WHAT THE TASK ASKS => From the line with "-- Every destination is there and open." through the line with "module _ (reads : ℕ → Bool) where", repeat the entries verbatim, both end lines included, and add nothing.

(Stored data entries)
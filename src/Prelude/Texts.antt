-- ===== src/Prelude/Texts.antt =====
-- Texts as lists of character codes: what the code does to them with the package strings.
use Prim.Native.Nat.{ℕ, ◌+◌}
use Prim.Native.String.{String, [] as empty, ◌∷◌ as cons}
use Prim.Native.Char.{code}
use mathlib.Core.Path.{◌≡◌, refl, ap, ◌∙◌}
use mathlib.Core.Logic.{◌↔◌}
use mathlib.Core.Bool.{Bool, true, false, not, ◌&&◌, ◌||◌}
use mathlib.Core.List.{List, [], ◌∷◌, ◌++◌}
use native.Mathlib.Omega.{arith}
use wstester.Prelude.Tests.{ltb, leb, ◌==◌, ==_iff, if◌then◌else◌}
use wstester.Prelude.Maps.{Eq}

abbrev pub Text : Type 0
Text = List ℕ

abbrev pub codes : String → Text
codes empty = []
codes (cons c s) = code c ∷ codes s

-- `strings.ToLower` on the ASCII letters.
abbrev pub lower_char : ℕ → ℕ
lower_char n = if leb 65 n && leb n 90 then n + 32 else n

abbrev pub to_lower : Text → Text
to_lower [] = []
to_lower (n ∷ text) = lower_char n ∷ to_lower text

abbrev pub text_eqb : Text → Text → Bool
text_eqb [] [] = true
text_eqb (a ∷ s) (b ∷ t) = (a == b) && text_eqb s t
text_eqb _ _ = false

abbrev pub text_lt : Text → Text → Bool
text_lt [] [] = false
text_lt [] (b ∷ t) = true
text_lt (a ∷ s) [] = false
text_lt (a ∷ s) (b ∷ t) = ltb a b || ((a == b) && text_lt s t)

pub text_eqb_iff : (s t : Text) → (text_eqb s t ≡ true) ↔ (s ≡ t)
text_eqb_iff [] [] = ground arith
text_eqb_iff [] (b ∷ t) = ground arith
text_eqb_iff (a ∷ s) [] = ground arith
text_eqb_iff (a ∷ s) (b ∷ t) = ground (arith, ==_iff a b, text_eqb_iff s t)

instance abbrev pub text_eq : Eq Text
text_eq = record { beq = text_eqb; beq_iff = text_eqb_iff }

-- `strings.Split(text, ":")[0]`
abbrev pub before_colon : Text → Text
before_colon [] = []
before_colon (n ∷ text) = let rest = before_colon text in if n == 58 then [] else n ∷ rest

-- `strings.Split` at one character: at least one part.
abbrev pub cons_head : ℕ → List Text → List Text
cons_head n [] = (n ∷ []) ∷ []
cons_head n (part ∷ parts) = (n ∷ part) ∷ parts

abbrev pub split : ℕ → Text → List Text
split sep [] = [] ∷ []
split sep (n ∷ text) = let rest = split sep text in if n == sep then [] ∷ rest else cons_head n rest

-- `strings.Join` with one character.
abbrev pub join : ℕ → List Text → Text
join sep [] = []
join sep (part ∷ []) = part
join sep (part ∷ other ∷ parts) = part ++ sep ∷ join sep (other ∷ parts)

-- `strings.HasPrefix`, and `bytes.Contains` or a regular expression that is a plain text.
abbrev pub has_prefix : Text → Text → Bool
has_prefix text [] = true
has_prefix [] (b ∷ prefix) = false
has_prefix (a ∷ text) (b ∷ prefix) = (a == b) && has_prefix text prefix

abbrev pub contains : Text → Text → Bool
contains [] part = has_prefix [] part
contains (n ∷ text) part = has_prefix (n ∷ text) part || contains text part

abbrev pub has_char : ℕ → Text → Bool
has_char sep [] = false
has_char sep (n ∷ text) = (n == sep) || has_char sep text

pub split-plain : (sep : ℕ) (part : Text) → has_char sep part ≡ false → split sep part ≡ part ∷ []
split-plain sep [] h = refl
split-plain sep (n ∷ part) h = ground (arith, split-plain sep part)

pub split-append :
    (sep : ℕ) (part rest : Text)
    → has_char sep part ≡ false
    → split sep (part ++ sep ∷ rest) ≡ part ∷ split sep rest
split-append sep [] rest h = ground arith
split-append sep (n ∷ part) rest h = ground (arith, split-append sep part rest)

abbrev pub no_chars : ℕ → List Text → Bool
no_chars sep [] = true
no_chars sep (part ∷ parts) = not (has_char sep part) && no_chars sep parts

-- What was joined is split again, where no part has the separator.
pub split-join :
    (sep : ℕ) (part : Text) (parts : List Text)
    → no_chars sep (part ∷ parts) ≡ true
    → split sep (join sep (part ∷ parts)) ≡ part ∷ parts
split-join sep part [] h = split-plain sep part (ground arith)
split-join sep part (other ∷ parts) h =
    split-append sep part (join sep (other ∷ parts)) (ground arith)
    ∙ ap (◌∷◌ part) (split-join sep other parts (ground arith))
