-- ===== src/Channels.antt =====
-- utils/channel.go: the channels that hand responses on to clients and to child channels.
-- `A` is the type of a response. Sessions, which the source draws from a UUID generator, are numbers
-- that the caller of an operation supplies. A queue that is full delays its writer; only a destination's
-- is bounded here, since only there the code gives up.
pub mod Dispatch
pub mod Safe
pub mod Cycle
pub mod Life
use wstester.Prelude.{
  ℕ, ◌+◌, Bool, true, false, not, ◌&&◌, ◌||◌, Option, none, some, List, [], ◌∷◌, ◌++◌, Run, done,
  panic, ◌>>=◌, length, ltb, ◌==◌, if◌then◌else◌, lookup, put, erase, nat_eq,
}

-- A destination: what its reader has not read yet, at most 1000 responses.
pub record Dest {ℓ} (A : Type ℓ) : Type ℓ where
  pub unread : List A
  pub closed : Bool

abbrev pub dest_capacity : ℕ
dest_capacity = 1000

-- A child channel, as far as its parent's calls of PublishData and Close read and write it; a nil
-- source is `none`.
pub record Child {ℓ} (A : Type ℓ) : Type ℓ where
  pub source : Option (List A)
  pub is_ready : Bool
  pub is_closed : Bool

-- The inputs of a channel: a response, with the destination or the child it is for if it is not for
-- all, and the four breakpoints.
pub data ChannelInput {ℓ} (A : Type ℓ) : Type ℓ where
  nil_input : ChannelInput A
  response : Option ℕ → Option ℕ → A → ChannelInput A
  add_destination remove_destination : ℕ → ChannelInput A
  add_child : ℕ → Child A → ChannelInput A
  remove_child : ℕ → ChannelInput A

pub record RspChannel {ℓ} (A : Type ℓ) : Type ℓ where
  pub source : Option (List (ChannelInput A))
  pub destinations : List (ℕ × Option (Dest A))
  pub children : List (ℕ × Child A)
  pub source_closed : Bool
  pub is_ready : Bool
  pub is_closed : Bool

-- What a sender meets: its input is queued, it gets an error, it waits for ever on a nil source, or it
-- panics on a closed one.
pub data Sent {ℓ} (S : Type ℓ) : Type ℓ where
  sent : S → Sent S
  refused blocked broken : Sent S

module _ {ℓ} {A : Type ℓ} where
  -- `c.source <- input`
  abbrev pub enqueue : RspChannel A → ChannelInput A → Sent (RspChannel A)
  enqueue c input = elim c.source [
    | none ↦ blocked
    | some inputs ↦
        if c.source_closed then broken else sent (record c { source = some (inputs ++ input ∷ []) })
  ]

  unfoldable pub publish_data : RspChannel A → A → Sent (RspChannel A)
  publish_data c rsp = if c.is_closed then refused else enqueue c (response none none rsp)

  unfoldable pub publish_data_to_destination : RspChannel A → A → ℕ → Sent (RspChannel A)
  publish_data_to_destination c rsp session =
      if c.is_closed then refused else enqueue c (response (some session) none rsp)

  unfoldable pub publish_data_to_sub_chan : RspChannel A → A → ℕ → Sent (RspChannel A)
  publish_data_to_sub_chan c rsp session =
      if c.is_closed then refused else enqueue c (response none (some session) rsp)

  unfoldable pub retrive_data : RspChannel A → ℕ → Sent (RspChannel A)
  retrive_data c session = if c.is_closed then refused else enqueue c (add_destination session)

  -- On a closed channel these two report no error.
  unfoldable pub shutdown_retrive : RspChannel A → ℕ → Sent (RspChannel A)
  shutdown_retrive c session =
      if c.is_closed then sent c else enqueue c (remove_destination session)

  unfoldable pub disconnect : RspChannel A → ℕ → Sent (RspChannel A)
  disconnect c session = if c.is_closed then sent c else enqueue c (remove_child session)

  unfoldable pub start : RspChannel A → Option (RspChannel A)
  start c =
      if c.is_ready
      then none
      else if c.is_closed
      then none
      else some (record c {
        source = elim c.source [ none ↦ some [] | some inputs ↦ some inputs ];
        is_closed = false;
        is_ready = true;
      })

  -- `Connect`, which starts the channel if need be, and ignores what Start says.
  unfoldable pub connect : RspChannel A → Child A → ℕ → Sent (RspChannel A)
  unfolding start
  connect c child session =
      let started = if c.is_ready then c else elim (start c) [ none ↦ c | some c' ↦ c' ] in
      if c.is_closed then refused else enqueue started (add_child session child)

  -- Closing a nil channel, or one that is closed already, panics.
  unfoldable pub close_all : List (ℕ × Option (Dest A)) → Run (List (ℕ × Option (Dest A)))
  close_all [] = done []
  close_all ((session, none) ∷ dests) = panic
  close_all ((session, some dest) ∷ dests) = close_all dests >>= λ rest.
      if dest.closed then panic else done ((session, some (record dest { closed = true })) ∷ rest)

  -- `Close`; `none` is an error.
  unfoldable pub close : RspChannel A → Run (Option (RspChannel A))
  unfolding close_all
  close c =
      if not c.is_ready
      then done none
      else if c.is_closed
      then done none
      else (close_all c.destinations >>= λ dests. done (
          some (record c {
            destinations = dests;
            source_closed = true;
            is_ready = false;
            is_closed = true;
          })))

  -- PublishData and Close of a child; `none` is an error.
  abbrev pub child_publish : Child A → A → Sent (Child A)
  child_publish child rsp = if child.is_closed then refused else elim child.source [
    | none ↦ blocked
    | some inputs ↦ sent (record child { source = some (inputs ++ rsp ∷ []) })
  ]

  abbrev pub child_close : Child A → Child A
  child_close child =
      if not child.is_ready || child.is_closed
      then child
      else record child { is_ready = false; is_closed = true }

-- The write timer of one dispatch: it has not fired, or it has and its channel is drained.
pub data Timer : Type 0 where
  armed spent : Timer

-- What a dispatch comes to: what it leaves, a wait that never ends, or a panic (a write to or a close
-- of a channel that is nil or closed).
pub data Fed {ℓ} (S : Type ℓ) : Type ℓ where
  fed : S → Fed S
  stuck crashed : Fed S

module _ {ℓ} {A : Type ℓ} (reads : ℕ → Bool) where
  -- Can the response be written before the timer fires: there is room, or the reader makes some.
  -- `reads` says which readers do; one that does not never reads again.
  abbrev pub accepts : ℕ → Dest A → Bool
  accepts session dest = ltb (length dest.unread) dest_capacity || reads session

  abbrev pub delivered : Dest A → A → Dest A
  delivered dest rsp = record dest { unread = dest.unread ++ rsp ∷ [] }

  -- One destination: what stays of it, and the timer. A successful write resets the timer. The new
  -- timer that is made after a timeout is assigned to the closure's parameter: the loop keeps the spent
  -- one, and a write that finds no reader then waits on it for ever.
  abbrev pub feed_dest : ℕ → Option (Dest A) → A → Timer → Fed (Option (Option (Dest A)) × Timer)
  feed_dest session none rsp timer = fed (none, timer)
  feed_dest session (some dest) rsp timer =
      if dest.closed
      then crashed
      else if accepts session dest
      then fed (some (some (delivered dest rsp)), armed)
      else elim timer [ armed ↦ fed (none, spent) | spent ↦ stuck ]

  abbrev pub kept :
      ℕ → Option (Option (Dest A)) → List (ℕ × Option (Dest A)) → List (ℕ × Option (Dest A))
  kept session none rest = rest
  kept session (some dest) rest = (session, dest) ∷ rest

  -- The loop over all destinations, without those that are to be deleted afterwards.
  unfoldable pub feed_all :
      List (ℕ × Option (Dest A)) → A → Timer → Fed (List (ℕ × Option (Dest A)))
  feed_all [] rsp timer = fed []
  feed_all ((session, dest) ∷ dests) rsp timer = elim (feed_dest session dest rsp timer) [
    | stuck ↦ stuck
    | crashed ↦ crashed
    | fed (stays, timer') ↦ elim (feed_all dests rsp timer') [
      | stuck ↦ stuck
      | crashed ↦ crashed
      | fed rest ↦ fed (kept session stays rest)
    ]
  ]

  -- `dispatchDistinations`
  unfoldable pub dispatch_destinations :
      List (ℕ × Option (Dest A)) → Option ℕ → A → Fed (List (ℕ × Option (Dest A)))
  unfolding feed_all
  dispatch_destinations dests none rsp = feed_all dests rsp armed
  dispatch_destinations dests (some session) rsp = elim (lookup session dests) [
    | none ↦ fed dests
    | some dest ↦ elim (feed_dest session dest rsp armed) [
      | stuck ↦ stuck
      | crashed ↦ crashed
      | fed (none, timer) ↦ fed (erase session dests)
      | fed (some dest', timer) ↦ fed (put session dest' dests)
    ]
  ]

module _ {ℓ} {A : Type ℓ} where
  -- `dispatchSubChannels`: a child that refuses is closed and deleted.
  unfoldable pub feed_children : List (ℕ × Child A) → A → Fed (List (ℕ × Child A))
  feed_children [] rsp = fed []
  feed_children ((session, child) ∷ children) rsp = elim (child_publish child rsp) [
    | blocked ↦ stuck
    | broken ↦ crashed
    | refused ↦ feed_children children rsp
    | sent child' ↦ elim (feed_children children rsp) [
      | stuck ↦ stuck
      | crashed ↦ crashed
      | fed rest ↦ fed ((session, child') ∷ rest)
    ]
  ]

  unfoldable pub dispatch_sub_channels :
      List (ℕ × Child A) → Option ℕ → A → Fed (List (ℕ × Child A))
  unfolding feed_children
  dispatch_sub_channels children none rsp = feed_children children rsp
  dispatch_sub_channels children (some session) rsp = elim (lookup session children) [
    | none ↦ fed children
    | some child ↦ elim (child_publish child rsp) [
      | blocked ↦ stuck
      | broken ↦ crashed
      | refused ↦ fed (erase session children)
      | sent child' ↦ fed (put session child' children)
    ]
  ]

  abbrev pub new_dest : Dest A
  new_dest = record { unread = []; closed = false }

  -- One turn of Start's loop: the channel, and what a breakpoint replies, which is false for an error.
  unfoldable pub handle :
      (ℕ → Bool) → RspChannel A → ChannelInput A → Fed (RspChannel A × Option Bool)
  unfolding dispatch_destinations dispatch_sub_channels
  handle reads c nil_input = fed (c, none)
  handle reads c (response dst sub rsp) =
      elim (dispatch_destinations reads c.destinations dst rsp) [
        | stuck ↦ stuck
        | crashed ↦ crashed
        | fed dests ↦ elim (dispatch_sub_channels c.children sub rsp) [
          | stuck ↦ stuck
          | crashed ↦ crashed
          | fed children ↦ fed (record c { destinations = dests; children = children }, none)
        ]
      ]
  handle reads c (add_destination session) =
      fed (record c { destinations = put session (some new_dest) c.destinations }, none)
  handle reads c (remove_destination session) = elim (lookup session c.destinations) [
    | none ↦ fed (c, some false)
    | some none ↦ crashed
    | some (some dest) ↦
        if dest.closed
        then crashed
        else fed (record c { destinations = erase session c.destinations }, some true)
  ]
  handle reads c (add_child session child) =
      fed (record c { children = put session child c.children }, none)
  handle reads c (remove_child session) = elim (lookup session c.children) [
    | none ↦ fed (c, some false)
    | some child ↦ fed (record c { children = erase session c.children }, some true)
  ]

  -- The loop of Start over inputs that come one after another.
  unfoldable pub run : (ℕ → Bool) → RspChannel A → List (ChannelInput A) → Fed (RspChannel A)
  unfolding handle
  run reads c [] = fed c
  run reads c (input ∷ inputs) = elim (handle reads c input) [
    | stuck ↦ stuck
    | crashed ↦ crashed
    | fed (c', reply) ↦ run reads c' inputs
  ]
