-- ===== src/Channels/Dispatch.antt =====
-- utils/channel.go: whom a dispatch reaches.
use wstester.Prelude.{
  ℕ, ◌≡◌, refl, Bool, true, false, not, ◌&&◌, Option, none, some, List, [], ◌∷◌, arith,
  if◌then◌else◌, nat_eq, Bool-cases, inl, inr,
}
use wstester.Channels.{
  Dest, Timer, armed, spent, fed, stuck, accepts, delivered, feed_all, dispatch_destinations,
}

abbrev pub is_slow : Timer → Bool
is_slow armed = false
is_slow spent = true

module _ {ℓ} {A : Type ℓ} where
  -- Every destination is there and open.
  abbrev pub all_open : List (ℕ × Option (Dest A)) → Bool
  all_open [] = true
  all_open ((session, none) ∷ dests) = false
  all_open ((session, some dest) ∷ dests) = not dest.closed && all_open dests

  module _ (reads : ℕ → Bool) where
    -- The specification of a broadcast. A destination that accepts gets the response; one that does not
    -- is dropped.
    abbrev pub survivors : List (ℕ × Option (Dest A)) → A → List (ℕ × Option (Dest A))
    survivors [] rsp = []
    survivors ((session, none) ∷ dests) rsp = survivors dests rsp
    survivors ((session, some dest) ∷ dests) rsp =
        if accepts reads session dest
        then (session, some (delivered reads dest rsp)) ∷ survivors dests rsp
        else survivors dests rsp

    -- No two destinations in a row are slow, where one before the first was, or was not.
    abbrev pub separated : Bool → List (ℕ × Option (Dest A)) → Bool
    separated slow [] = true
    separated slow ((session, none) ∷ dests) = separated slow dests
    separated slow ((session, some dest) ∷ dests) =
        if accepts reads session dest
        then separated false dests
        else (not slow && separated true dests)

    pub feed_all-survivors :
        (dests : List (ℕ × Option (Dest A))) (rsp : A) (timer : Timer)
        → all_open dests ≡ true
        → feed_all reads dests rsp timer
          ≡ (if separated (is_slow timer) dests then fed (survivors dests rsp) else stuck)
    unfolding feed_all
    feed_all-survivors [] rsp timer opened = refl
    feed_all-survivors ((session, none) ∷ dests) rsp timer opened = ground arith
    feed_all-survivors ((session, some dest) ∷ dests) rsp timer opened =
        elim (Bool-cases (accepts reads session dest)) [
          | inl fast ↦ elim (Bool-cases (separated false dests)) [
            | inl e ↦ rw (ready, fast, feed_all-survivors dests rsp armed rest, e, feed_all)
            | inr e ↦ rw (ready, fast, feed_all-survivors dests rsp armed rest, e, feed_all)
          ]
          | inr slow ↦ rw (slow, slow_next timer slow (feed_all-survivors dests rsp spent rest))
        ]
      where
        ready : dest.closed ≡ false
        ready = ground (arith, opened)

        rest : all_open dests ≡ true
        rest = ground (arith, opened)

        slow_next :
            (timer : Timer)
            → accepts reads session dest ≡ false
            → feed_all reads dests rsp spent
              ≡ (if separated true dests then fed (survivors dests rsp) else stuck)
            → feed_all reads ((session, some dest) ∷ dests) rsp timer ≡ (
                if not (is_slow timer) && separated true dests
                then fed (survivors dests rsp)
                else stuck)
        slow_next spent slow last = rw (ready, slow, feed_all)
        slow_next armed slow last = elim (Bool-cases (separated true dests)) [
          | inl e ↦ rw (ready, slow, last, e, feed_all)
          | inr e ↦ rw (ready, slow, last, e, feed_all)
        ]

    -- A response to all destinations, each of them open: each that accepts the response, since it has
    -- room or a reader, gets it as its newest, and each that does not is dropped; but where two that do
    -- not accept it follow each other, the dispatch never ends.
    pub dispatch_destinations-survivors :
        (dests : List (ℕ × Option (Dest A))) (rsp : A)
        → all_open dests ≡ true
        → dispatch_destinations reads dests none rsp
          ≡ (if separated false dests then fed (survivors dests rsp) else stuck)
    unfolding dispatch_destinations
    dispatch_destinations-survivors dests rsp opened = feed_all-survivors dests rsp armed opened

EXPECTED OUTPUT =>
  -- Every destination is there and open.
  abbrev pub all_open : List (ℕ × Option (Dest A)) → Bool
  all_open [] = true
  all_open ((session, none) ∷ dests) = false
  all_open ((session, some dest) ∷ dests) = not dest.closed && all_open dests

  module _ (reads : ℕ → Bool) where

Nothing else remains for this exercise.